How Do You Prevent It?
It’s tough to eliminate but management must do everything possible to minimize the occurrence rate. Effective dry cow management is key, knowing that this is a critical period. Clean dry-cow housing and calving areas are critical. Vaccinating cows with a coliform vaccine is a relatively new tool that helps reduce the severity of problems. Dry cow diets need to provide adequate selenium and vitamin E, both of which function to strengthen the infection defense systems of the cow.
Body condition scoring is helpful in assuring cattle are not too fat or thin. Fat cows often have difficulty transitioning to lactation and can suffer from fatty livers and downer cow problems. Early lactation cows may not be able to handle the transition period when they have to use body condition to supplement dietary energy intakes and may suffer ketosis.
Each of these factors can pre-dispose cows to other health problems including clinical mastitis.
Evaluate the contagious mastitis profile in the herd. If it is minimal most mastitis problems are likely to be associated with environmental bacteria and clinical cases. Determine if there is a pattern to the occurrence of clinical cases.
Evaluate pre-milking udder prep procedures. Milking clean dry teats is one of the most effective ways of preventing environmental mastitis and everyone periodically has to be reminded of this.
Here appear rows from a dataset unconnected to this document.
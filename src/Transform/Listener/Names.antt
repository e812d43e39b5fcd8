-- ===== src/Transform/Listener/Names.antt =====
-- listener.rs and route.rs: the names that the objects of one run refer to each other by.
use pangolin_gateway_api.Prelude.{
  ℕ, ◌≤◌, ◌≡◌, ◌↔◌, false, refl, sym, ap, subst, ◌∙◌, [], ◌∷◌, ◌++◌, List, Option, some, Text,
  codes, length,
}
use pangolin_gateway_api.BTreeMap.{text_ord, get}
use pangolin_gateway_api.BTreeMap.Laws.{get-insert_self}
use pangolin_gateway_api.External.{External}
use pangolin_gateway_api.Config.{Config}
use pangolin_gateway_api.Kube.Meta.{managed_metadata_with}
use pangolin_gateway_api.Kube.Objects.{Listener, ListenerSet}
use pangolin_gateway_api.Kube.HttpRoute.{HttpRouteRulesFilters, ParentRef}
use pangolin_gateway_api.Transform.Naming.{max_dns_label, dns_label, base_label}
use pangolin_gateway_api.Transform.Naming.Label.{IsDnsLabel, dns_label-IsDnsLabel}
use pangolin_gateway_api.Transform.Naming.Idempotent.{
  HasSingleDashes, dns_label_fixed, dns_label_of_fits, dns_label-HasSingleDashes,
}
use pangolin_gateway_api.Transform.Rule.{ParsedRule}
use pangolin_gateway_api.Transform.Backend.Emit.{ResolvedBackend}
use pangolin_gateway_api.Transform.Route.{RouteIndex, build_http_route}
use pangolin_gateway_api.Transform.Desired.{Desired}
use pangolin_gateway_api.Transform.Listener.{http_listener, listener_set_key, build_listener_set}

-- The references are one reference to the ListenerSet: its API group and kind, and its name and
-- namespace.
abbrev pub RefersTo : ListenerSet → Option (List ParentRef) → Type 0
RefersTo ls (some (r ∷ [])) =
    (r.group ≡ some (codes "gateway.networking.k8s.io"))
    × (r.kind ≡ some (codes "ListenerSet"))
    × (some r.name ≡ ls.metadata.name)
    × (r.namespace ≡ ls.metadata.namespace)
RefersTo ls _ = ⊥

-- A route's parent reference is to the ListenerSet that the run emits, by group, kind, namespace and
-- name, exactly when the configured name is a DNS label with no two dashes in a row: the object is
-- named by `dns_label` of the configured name, and the reference by the name itself.
pub build_http_route-RefersTo :
    (x : External) (cfg : Config) (router_name : Text) (parsed : ParsedRule)
    (filters : List HttpRouteRulesFilters) (backend : ResolvedBackend) (index : RouteIndex)
    (listeners : List Listener) (desired : Desired) (ls : ListenerSet)
    → get
        (listener_set_key x.hash cfg)
        (build_listener_set x.hash cfg index listeners desired).listener_sets
      ≡ some ls
    → RefersTo ls (build_http_route x cfg router_name parsed filters backend).spec.parent_refs
      ↔ (IsDnsLabel cfg.listener_set_name × HasSingleDashes false cfg.listener_set_name)
unfolding listener_set_key build_http_route build_listener_set managed_metadata_with
build_http_route-RefersTo x cfg router_name parsed filters backend index listeners desired ls e =
    let n = cfg.listener_set_name in
    let found = sym (get-insert_self (dns_label x.hash n) _ desired.listener_sets) ∙ e in
    let named : some (dns_label x.hash n) ≡ ls.metadata.name = cc in
    let placed : some cfg.namespace ≡ ls.metadata.namespace = cc in
    (
      (λ r.
          let same : n ≡ dns_label x.hash n = cc (r.2, named) in
          (
            subst IsDnsLabel (sym same) (dns_label-IsDnsLabel x.hash n),
            subst (HasSingleDashes false) (sym same) (dns_label-HasSingleDashes x.hash n),
          )),
      λ h. (refl, refl, ap some (sym (dns_label_fixed x.hash n h.0 h.1)) ∙ named, placed),
    )

-- The listeners of a host and of its wildcard have one name, unless the name is cut to 63 characters:
-- `*` and `.` both become dashes, and the dashes collapse.
pub http_listener_wildcard :
    (hash : Text → ℕ) (cfg : Config) (host : Text)
    → length (base_label (codes "http-" ++ host)) ≤ max_dns_label
    → (http_listener hash cfg (codes "*." ++ host)).name ≡ (http_listener hash cfg host).name
unfolding http_listener
http_listener_wildcard hash cfg host h =
    let same : base_label (codes "http-" ++ (codes "*." ++ host))
        ≡ base_label (codes "http-" ++ host) =
      unfold base_label in refl in
    dns_label_of_fits hash (codes "http-" ++ (codes "*." ++ host)) (rw same h)
    ∙ same
    ∙ sym (dns_label_of_fits hash (codes "http-" ++ host) h)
Dirty teats, wet teats and long udder hair all contribute to potential clinical problems due to an increased presence of environmental bacteria.
Prepare for seasonal problems. Coliforms and environmental Streps thrive in bedding and where manure buildups occur. Under warm, moist conditions numbers can dramatically increase exposing teat ends to very high bacteria concentrations. Such conditions are common during spring through late summer in most areas. Maintenance of stall conditions during these periods is critical to minimize problems but it is not only stalls. Each of these conditions causes increased exposure to high levels of environmental bacteria even under conditions that would appear ideal.
Heat can add to problems and force cattle to congregate in shady areas seeking relief. The end result may be buildup of very high levels of bacteria in places that are not normally a concern. These include areas under corral shades, shade trees and similar locations. These situations have to be properly managed to limit problems.
Clinical mastitis is no fun and can be the cause of serious infections and milk loss. Understanding potential causes and proactively taking action to minimize them will help limit the problem.